Try it
For this exercise, reproduce the entries below exactly, but only from the line containing "pub free_buffers : List ℕ" through the line containing "set_acquired a v (b", both included.

Data supplied
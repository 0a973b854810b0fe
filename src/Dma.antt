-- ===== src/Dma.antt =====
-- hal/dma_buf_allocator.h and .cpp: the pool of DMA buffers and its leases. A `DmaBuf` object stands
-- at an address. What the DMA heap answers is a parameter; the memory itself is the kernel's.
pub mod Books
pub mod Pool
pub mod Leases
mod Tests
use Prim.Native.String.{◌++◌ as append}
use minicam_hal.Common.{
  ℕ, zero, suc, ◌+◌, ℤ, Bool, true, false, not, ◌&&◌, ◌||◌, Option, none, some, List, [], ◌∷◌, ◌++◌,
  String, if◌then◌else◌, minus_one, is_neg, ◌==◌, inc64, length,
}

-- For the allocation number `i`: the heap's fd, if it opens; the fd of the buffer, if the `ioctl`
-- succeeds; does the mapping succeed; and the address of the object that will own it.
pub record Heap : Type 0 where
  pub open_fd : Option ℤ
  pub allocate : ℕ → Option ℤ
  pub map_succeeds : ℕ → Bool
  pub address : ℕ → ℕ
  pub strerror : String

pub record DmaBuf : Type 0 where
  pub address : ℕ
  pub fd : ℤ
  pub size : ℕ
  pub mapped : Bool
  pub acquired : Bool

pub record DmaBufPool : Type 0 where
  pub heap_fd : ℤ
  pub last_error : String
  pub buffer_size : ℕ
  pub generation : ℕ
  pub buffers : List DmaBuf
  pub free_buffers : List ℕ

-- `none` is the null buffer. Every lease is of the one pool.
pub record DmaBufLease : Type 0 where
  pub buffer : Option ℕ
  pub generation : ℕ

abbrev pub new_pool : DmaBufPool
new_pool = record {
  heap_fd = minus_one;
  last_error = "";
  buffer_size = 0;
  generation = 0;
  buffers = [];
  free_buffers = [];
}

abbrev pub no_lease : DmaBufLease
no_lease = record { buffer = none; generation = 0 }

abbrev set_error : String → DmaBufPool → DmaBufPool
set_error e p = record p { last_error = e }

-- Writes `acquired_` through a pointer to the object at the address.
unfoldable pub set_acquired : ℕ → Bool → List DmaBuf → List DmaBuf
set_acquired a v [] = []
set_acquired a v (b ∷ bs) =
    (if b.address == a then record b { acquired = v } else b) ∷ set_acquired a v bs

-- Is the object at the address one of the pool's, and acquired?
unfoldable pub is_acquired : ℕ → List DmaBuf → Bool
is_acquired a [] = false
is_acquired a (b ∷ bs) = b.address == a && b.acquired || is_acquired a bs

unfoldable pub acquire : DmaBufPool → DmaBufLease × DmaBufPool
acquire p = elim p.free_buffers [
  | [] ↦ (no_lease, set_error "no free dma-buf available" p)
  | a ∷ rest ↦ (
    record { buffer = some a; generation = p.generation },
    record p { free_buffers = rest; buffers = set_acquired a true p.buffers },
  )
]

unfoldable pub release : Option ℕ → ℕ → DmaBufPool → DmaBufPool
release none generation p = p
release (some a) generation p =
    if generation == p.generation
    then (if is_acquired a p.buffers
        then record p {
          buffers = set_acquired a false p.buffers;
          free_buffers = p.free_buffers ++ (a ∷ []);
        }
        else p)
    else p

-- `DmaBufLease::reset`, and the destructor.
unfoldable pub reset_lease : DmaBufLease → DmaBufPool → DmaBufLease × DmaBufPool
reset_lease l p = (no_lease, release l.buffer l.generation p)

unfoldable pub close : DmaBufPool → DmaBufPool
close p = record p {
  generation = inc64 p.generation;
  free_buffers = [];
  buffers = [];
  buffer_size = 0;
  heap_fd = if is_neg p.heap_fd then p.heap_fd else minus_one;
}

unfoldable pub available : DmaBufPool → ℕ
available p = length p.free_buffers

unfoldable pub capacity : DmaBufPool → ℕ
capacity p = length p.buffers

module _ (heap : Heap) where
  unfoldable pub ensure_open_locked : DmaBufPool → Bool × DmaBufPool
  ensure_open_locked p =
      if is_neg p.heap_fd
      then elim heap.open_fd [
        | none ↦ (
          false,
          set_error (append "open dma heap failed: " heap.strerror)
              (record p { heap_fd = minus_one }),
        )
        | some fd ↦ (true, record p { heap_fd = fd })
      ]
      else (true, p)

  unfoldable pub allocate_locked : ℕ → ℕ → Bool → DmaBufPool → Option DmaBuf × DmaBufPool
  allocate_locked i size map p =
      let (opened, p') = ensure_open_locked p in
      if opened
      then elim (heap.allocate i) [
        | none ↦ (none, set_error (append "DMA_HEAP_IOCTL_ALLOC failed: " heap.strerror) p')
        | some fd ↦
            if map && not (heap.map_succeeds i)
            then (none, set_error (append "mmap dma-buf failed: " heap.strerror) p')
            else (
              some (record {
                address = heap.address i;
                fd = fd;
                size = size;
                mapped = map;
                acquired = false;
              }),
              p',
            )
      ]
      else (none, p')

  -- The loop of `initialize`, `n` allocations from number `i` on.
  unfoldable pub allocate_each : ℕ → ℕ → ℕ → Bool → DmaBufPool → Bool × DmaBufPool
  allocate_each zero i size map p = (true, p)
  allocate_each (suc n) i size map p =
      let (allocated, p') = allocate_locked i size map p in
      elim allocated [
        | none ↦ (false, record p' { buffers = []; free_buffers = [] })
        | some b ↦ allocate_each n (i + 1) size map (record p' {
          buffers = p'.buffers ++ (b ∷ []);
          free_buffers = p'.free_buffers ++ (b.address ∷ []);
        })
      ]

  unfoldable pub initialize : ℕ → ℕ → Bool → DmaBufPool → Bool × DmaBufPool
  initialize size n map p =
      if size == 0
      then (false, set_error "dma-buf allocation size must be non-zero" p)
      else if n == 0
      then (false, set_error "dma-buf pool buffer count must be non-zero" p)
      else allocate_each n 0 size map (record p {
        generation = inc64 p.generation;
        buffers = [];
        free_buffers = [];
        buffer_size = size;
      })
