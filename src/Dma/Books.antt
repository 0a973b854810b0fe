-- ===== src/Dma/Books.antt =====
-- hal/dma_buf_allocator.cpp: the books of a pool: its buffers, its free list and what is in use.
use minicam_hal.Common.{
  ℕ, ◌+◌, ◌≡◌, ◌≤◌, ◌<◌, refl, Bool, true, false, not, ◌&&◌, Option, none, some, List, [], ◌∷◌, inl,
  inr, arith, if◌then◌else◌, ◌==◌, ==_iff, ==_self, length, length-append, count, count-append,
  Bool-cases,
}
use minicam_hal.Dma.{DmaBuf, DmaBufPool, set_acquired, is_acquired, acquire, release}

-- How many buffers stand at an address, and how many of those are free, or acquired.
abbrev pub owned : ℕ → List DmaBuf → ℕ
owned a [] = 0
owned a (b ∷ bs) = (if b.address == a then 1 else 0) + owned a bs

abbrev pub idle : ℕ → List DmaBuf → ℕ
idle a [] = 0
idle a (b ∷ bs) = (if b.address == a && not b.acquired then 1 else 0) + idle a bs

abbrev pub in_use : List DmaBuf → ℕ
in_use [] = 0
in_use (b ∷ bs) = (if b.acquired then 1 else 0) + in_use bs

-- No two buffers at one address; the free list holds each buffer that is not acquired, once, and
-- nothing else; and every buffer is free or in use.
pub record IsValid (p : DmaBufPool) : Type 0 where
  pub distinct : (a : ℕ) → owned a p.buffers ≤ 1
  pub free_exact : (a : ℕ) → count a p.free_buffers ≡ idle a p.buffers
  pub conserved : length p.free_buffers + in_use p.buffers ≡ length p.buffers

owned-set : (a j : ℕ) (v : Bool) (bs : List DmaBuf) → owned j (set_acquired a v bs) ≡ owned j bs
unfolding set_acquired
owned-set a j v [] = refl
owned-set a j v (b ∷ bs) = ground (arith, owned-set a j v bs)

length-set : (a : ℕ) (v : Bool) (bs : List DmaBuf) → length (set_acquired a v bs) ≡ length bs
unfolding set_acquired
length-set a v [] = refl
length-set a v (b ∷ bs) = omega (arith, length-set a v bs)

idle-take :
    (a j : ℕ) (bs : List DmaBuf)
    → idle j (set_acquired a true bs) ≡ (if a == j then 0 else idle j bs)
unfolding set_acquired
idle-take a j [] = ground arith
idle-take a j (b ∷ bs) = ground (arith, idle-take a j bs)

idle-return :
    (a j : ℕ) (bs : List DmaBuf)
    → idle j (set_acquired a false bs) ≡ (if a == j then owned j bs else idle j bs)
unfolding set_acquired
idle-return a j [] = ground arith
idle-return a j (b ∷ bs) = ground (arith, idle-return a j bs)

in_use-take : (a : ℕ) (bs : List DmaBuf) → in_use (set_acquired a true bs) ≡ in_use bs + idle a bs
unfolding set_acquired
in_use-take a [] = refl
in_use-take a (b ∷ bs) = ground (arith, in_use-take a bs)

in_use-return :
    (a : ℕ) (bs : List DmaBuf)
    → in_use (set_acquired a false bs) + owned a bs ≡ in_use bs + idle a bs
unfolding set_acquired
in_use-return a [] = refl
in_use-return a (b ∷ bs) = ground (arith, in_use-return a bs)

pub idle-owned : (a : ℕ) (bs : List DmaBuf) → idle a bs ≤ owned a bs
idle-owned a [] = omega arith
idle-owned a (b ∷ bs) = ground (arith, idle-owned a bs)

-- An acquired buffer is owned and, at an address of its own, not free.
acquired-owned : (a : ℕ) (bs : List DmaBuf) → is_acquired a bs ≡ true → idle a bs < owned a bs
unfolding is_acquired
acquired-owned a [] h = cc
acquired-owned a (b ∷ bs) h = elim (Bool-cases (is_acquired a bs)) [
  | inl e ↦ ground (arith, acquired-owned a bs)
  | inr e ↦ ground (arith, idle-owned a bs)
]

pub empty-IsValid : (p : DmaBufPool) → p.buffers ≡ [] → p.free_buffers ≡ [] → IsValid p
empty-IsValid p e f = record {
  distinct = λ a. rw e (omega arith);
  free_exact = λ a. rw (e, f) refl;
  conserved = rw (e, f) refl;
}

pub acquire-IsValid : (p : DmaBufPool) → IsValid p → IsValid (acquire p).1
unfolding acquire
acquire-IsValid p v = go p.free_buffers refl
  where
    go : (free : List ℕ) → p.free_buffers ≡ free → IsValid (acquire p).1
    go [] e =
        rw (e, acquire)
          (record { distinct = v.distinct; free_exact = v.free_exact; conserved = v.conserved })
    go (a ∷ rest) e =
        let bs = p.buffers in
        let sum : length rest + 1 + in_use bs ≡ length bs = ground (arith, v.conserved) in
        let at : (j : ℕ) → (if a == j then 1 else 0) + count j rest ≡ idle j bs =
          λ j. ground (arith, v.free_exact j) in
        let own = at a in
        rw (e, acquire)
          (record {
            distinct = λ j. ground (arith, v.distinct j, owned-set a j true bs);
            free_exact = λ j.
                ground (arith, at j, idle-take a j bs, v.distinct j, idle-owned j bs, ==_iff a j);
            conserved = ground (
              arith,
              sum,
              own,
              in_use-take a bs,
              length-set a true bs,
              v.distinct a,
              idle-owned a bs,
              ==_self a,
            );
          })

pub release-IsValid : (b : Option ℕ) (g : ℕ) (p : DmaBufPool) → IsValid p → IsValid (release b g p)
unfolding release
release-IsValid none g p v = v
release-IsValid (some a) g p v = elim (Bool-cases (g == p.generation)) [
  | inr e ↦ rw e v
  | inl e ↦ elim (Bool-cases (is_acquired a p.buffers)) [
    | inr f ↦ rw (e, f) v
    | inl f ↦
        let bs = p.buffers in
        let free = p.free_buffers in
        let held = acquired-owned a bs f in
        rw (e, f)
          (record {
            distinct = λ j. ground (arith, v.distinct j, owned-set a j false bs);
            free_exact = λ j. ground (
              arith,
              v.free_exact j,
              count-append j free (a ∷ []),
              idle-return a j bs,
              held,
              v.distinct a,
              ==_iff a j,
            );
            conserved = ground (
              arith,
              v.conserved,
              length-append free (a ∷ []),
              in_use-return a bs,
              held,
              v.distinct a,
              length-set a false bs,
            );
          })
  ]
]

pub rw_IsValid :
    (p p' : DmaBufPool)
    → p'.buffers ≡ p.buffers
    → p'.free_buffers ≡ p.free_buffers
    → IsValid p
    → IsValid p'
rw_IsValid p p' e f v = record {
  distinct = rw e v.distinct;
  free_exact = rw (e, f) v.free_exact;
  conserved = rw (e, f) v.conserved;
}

Solution
  pub free_buffers : List ℕ

-- `none` is the null buffer. Every lease is of the one pool.
pub record DmaBufLease : Type 0 where
  pub buffer : Option ℕ
  pub generation : ℕ

abbrev pub new_pool : DmaBufPool
new_pool = record {
  heap_fd = minus_one;
  last_error = "";
  buffer_size = 0;
  generation = 0;
  buffers = [];
  free_buffers = [];
}

abbrev pub no_lease : DmaBufLease
no_lease = record { buffer = none; generation = 0 }

abbrev set_error : String → DmaBufPool → DmaBufPool
set_error e p = record p { last_error = e }

-- Writes `acquired_` through a pointer to the object at the address.
unfoldable pub set_acquired : ℕ → Bool → List DmaBuf → List DmaBuf
set_acquired a v [] = []
set_acquired a v (b ∷ bs) =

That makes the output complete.